Who Will Lead in a World on Fire?

kuwaitoilfires, Tech. Sgt. David McLeod, US military, public domain

The state of global affairs hasn’t been this poor in over seven decades. Russia blatantly affected US presidential credibility in many ways by overtly and covertly meddling in the process. And they still keep amassing troops in Belarus and the border with Ukraine. Putin, for good reason, seems to believe the Europeans will do nothing to stop him from causing utter disarray on Europe’s eastern flank. Meanwhile, President Obama continues an apology tour in Europe by encouraging anti-Trump protesters. Putin has wagered correctly that the West is weak and vulnerable.
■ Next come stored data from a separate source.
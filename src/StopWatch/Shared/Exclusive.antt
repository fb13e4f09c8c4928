-- ===== src/StopWatch/Shared/Exclusive.antt =====
-- The `Lock` of `AtomicStopwatch` is in one hand at most.
use network_demo.Base.{
  ℕ, ◌+◌, ◌%◌, ◌^◌, ◌≤◌, ◌<◌, ◌≡◌, refl, true, false, List, [], ◌∷◌, ltb, ◌↔◌, if◌then◌else◌, arith,
  inl, inr, Bool-cases, ltb→lt, ℕ_discrete,
}
use network_demo.Base.Family.{update_self, update_ne, total, total-update, total-eq-zero, le-total}
use network_demo.StopWatch.{Timespec, nanoseconds}
use network_demo.StopWatch.Laws.{exact}
use network_demo.StopWatch.Shared.{
  unlocked_nanoseconds, is_locked, Call, restart, restart_deferred, Pc, ready, sampled, looping,
  holding, returned, Chance, round, step, System, init, turn, run,
}

abbrev pub held : Pc → ℕ
held holding = 1
held _ = 0

abbrev pub bit : ℕ → ℕ
bit start_ns = if is_locked start_ns then 1 else 0

abbrev pub threshold_of : Call → ℕ
threshold_of (restart threshold) = threshold
threshold_of (restart_deferred threshold) = threshold

-- Without its highest bit the watch, and what a thread remembers of it, is a time below `limit`.
abbrev Fits : ℕ → ℕ → Type 0
Fits limit start_ns = (start_ns % 2 ^ 63 < limit) × (start_ns < 2 ^ 64)

abbrev IsLocal : ℕ → Pc → Type 0
IsLocal limit (sampled current_ns) = current_ns < limit
IsLocal limit (looping current_ns current_start_ns) =
    (current_ns < limit) × Fits limit current_start_ns
IsLocal limit _ = Unit {0}

-- Where a step leaves the watch and the thread.
abbrev Keeps : ℕ → ℕ → ℕ → ℕ × Pc → Type 0
Keeps limit held_before start_ns (start_ns', p) =
    Fits limit start_ns' × IsLocal limit p × (held p + bit start_ns ≡ held_before + bit start_ns')

module _ (c : Chance) (limit start_ns : ℕ) (clock : exact c.now < limit)
    (fits : Fits limit start_ns) where
  round-restart-Keeps :
      (threshold current_ns current_start_ns : ℕ)
      → threshold + limit ≤ 2 ^ 63
      → current_ns < limit
      → Fits limit current_start_ns
      → Keeps limit 0 start_ns
          (round (restart threshold) c.spurious start_ns current_ns current_start_ns)
  unfolding round
  round-restart-Keeps threshold current_ns current_start_ns room lt from = ground arith

  round_deferred-Keeps :
      (threshold current_ns current_start_ns : ℕ)
      → threshold + limit ≤ 2 ^ 63
      → current_ns < limit
      → Fits limit current_start_ns
      → Keeps limit 0 start_ns
          (round (restart_deferred threshold) c.spurious start_ns current_ns current_start_ns)
  unfolding round
  round_deferred-Keeps threshold current_ns current_start_ns room lt from = ground arith

  sample : unlocked_nanoseconds c.now < limit
  unfolding unlocked_nanoseconds nanoseconds
  sample = omega arith

  low : unlocked_nanoseconds c.now < 2 ^ 63
  unfolding unlocked_nanoseconds
  low = omega arith

  step-Keeps :
      (call : Call) (p : Pc)
      → threshold_of call + limit ≤ 2 ^ 63
      → IsLocal limit p
      → held p ≤ bit start_ns
      → Keeps limit (held p) start_ns (step call c start_ns p)
  unfolding step
  step-Keeps call ready room h mine = (fits, sample, refl)
  step-Keeps call (sampled current_ns) room h mine = (fits, (h, fits), refl)
  step-Keeps (restart threshold) (looping current_ns current_start_ns) room h mine =
      round-restart-Keeps threshold current_ns current_start_ns room h.0 h.1
  step-Keeps (restart_deferred threshold) (looping current_ns current_start_ns) room h mine =
      round_deferred-Keeps threshold current_ns current_start_ns room h.0 h.1
  step-Keeps call holding room h mine = (omega (arith, sample, low), tt, ground (arith, low))
  step-Keeps call (returned r) room h mine = (fits, tt, refl)

-- The clock shows less than `limit` in every event.
abbrev pub Timely : ℕ → List (ℕ × Chance) → Type 0
Timely limit [] = Unit {0}
Timely limit ((id, c) ∷ events) = (exact c.now < limit) × Timely limit events

abbrev pub holders : ℕ → System → ℕ
holders threads s = total threads (λ id. held (s.pc id))

module _ (calls : ℕ → Call) (threads limit : ℕ)
    (room : (id : ℕ) → threshold_of (calls id) + limit ≤ 2 ^ 63) where
  record Inv (s : System) : Type 0 where
    watch : Fits limit s.start_ns
    locals : (id : ℕ) → IsLocal limit (s.pc id)
    lock : holders threads s ≡ bit s.start_ns

  turn-Inv :
      {s : System} (id : ℕ) (c : Chance)
      → id < threads
      → exact c.now < limit
      → Inv s
      → Inv (turn calls s (id, c))
  unfolding turn
  turn-Inv {s} id c lt clock inv =
      let p' : Pc = (step (calls id) c s.start_ns (s.pc id)).1 in
      let (watch, local, change) =
        step-Keeps c limit s.start_ns clock inv.watch (calls id) (s.pc id) (room id) (inv.locals id)
          (omega (arith, inv.lock, le-total threads (λ j. held (s.pc j)) id lt)) in
      record {
        watch = watch;
        locals = λ j. elim (ℕ_discrete j id) [
          | yes e ↦ rw (e, update_self s.pc id p') local
          | no ne ↦ rw (update_ne s.pc id p' j ne) (inv.locals j)
        ];
        lock = omega (arith, change, inv.lock, total-update held threads s.pc id p' lt);
      }

  run-Inv :
      (events : List (ℕ × Chance)) {s : System}
      → Timely limit events
      → Inv s
      → Inv (run calls threads s events)
  unfolding run
  run-Inv [] h inv = inv
  run-Inv ((id, c) ∷ events) h inv = elim (Bool-cases (ltb id threads)) [
    | inl e ↦ rw (run, e) (run-Inv events h.1 (turn-Inv id c (ltb→lt id threads e) h.0 inv))
    | inr e ↦ rw (run, e) (run-Inv events h.1 inv)
  ]

  init-Inv : (now : Timespec) → exact now < limit → Inv (init now)
  unfolding init unlocked_nanoseconds nanoseconds
  init-Inv now clock =
      let none_yet : total threads (λ id. 0) ≡ 0 =
        total-eq-zero threads (λ id. 0) (λ id lt. refl) in
      record {
        watch = omega (arith, room 0);
        locals = λ id. tt;
        lock = ground (arith, none_yet, room 0);
      }

  -- However the threads interleave and `compare_exchange_weak` fails, at most one of them holds a
  -- `Lock`, and exactly then the highest bit of the watch is set, as long as the clock and the
  -- thresholds stay below `2 ^ 63` together.
  pub one_holder :
      (now : Timespec) (events : List (ℕ × Chance))
      → exact now < limit
      → Timely limit events
      → (holders threads (run calls threads (init now) events) ≤ 1)
        × ((holders threads (run calls threads (init now) events) ≡ 1)
            ↔ (is_locked (run calls threads (init now) events).start_ns ≡ true))
  one_holder now events clock timely =
      let inv = run-Inv events timely (init-Inv now clock) in ground (arith, inv.lock)

-- A `Lock` is taken only in a round that finds the watch unlocked, with the time that the thread
-- remembers, and its threshold over; so two locks are a threshold apart.
step_acquires :
    (call : Call) (c : Chance) (start_ns : ℕ) (p : Pc)
    → threshold_of call < 2 ^ 63
    → held p ≡ 0
    → held (step call c start_ns p).1 ≡ 1
    → (current_ns : ℕ) × (call ≡ restart_deferred (threshold_of call))
      × (p ≡ looping current_ns start_ns)
      × (is_locked start_ns ≡ false)
      × (start_ns + threshold_of call ≤ current_ns)
unfolding step round
step_acquires call c start_ns ready small free taken = absurd (omega arith)
step_acquires call c start_ns (sampled current_ns) small free taken = absurd (omega arith)
step_acquires (restart threshold) c start_ns (looping current_ns current_start_ns) small free
      taken =
    absurd (ground arith)
step_acquires (restart_deferred threshold) c start_ns (looping current_ns current_start_ns) small
      free taken =
    (current_ns, refl, ground arith, ground arith, ground arith)
step_acquires call c start_ns holding small free taken = absurd (omega arith)
step_acquires call c start_ns (returned r) small free taken = absurd (omega arith)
Iran continues breaking the so-called peace deal they made with the P5 + 1. Not only have they recently hijacked an American boat and buzzed US warships, but have made frequent promises to destroy Israel and America. Was this the peace deal western powers had in mind when they supposedly reigned in Iran’s nuclear weapons program?

The United Nations International Atomic Energy Agency signaled recently the Iranians again broke the spirit of the agreement, by creating excess heavy water; a material used to cool reactors that produce plutonium. Anyone who actually believes this agreement did anything to stop the Iranian hegemonic march in the Middle East and other parts of the world is delusional at best, and dangerously naïve at worst.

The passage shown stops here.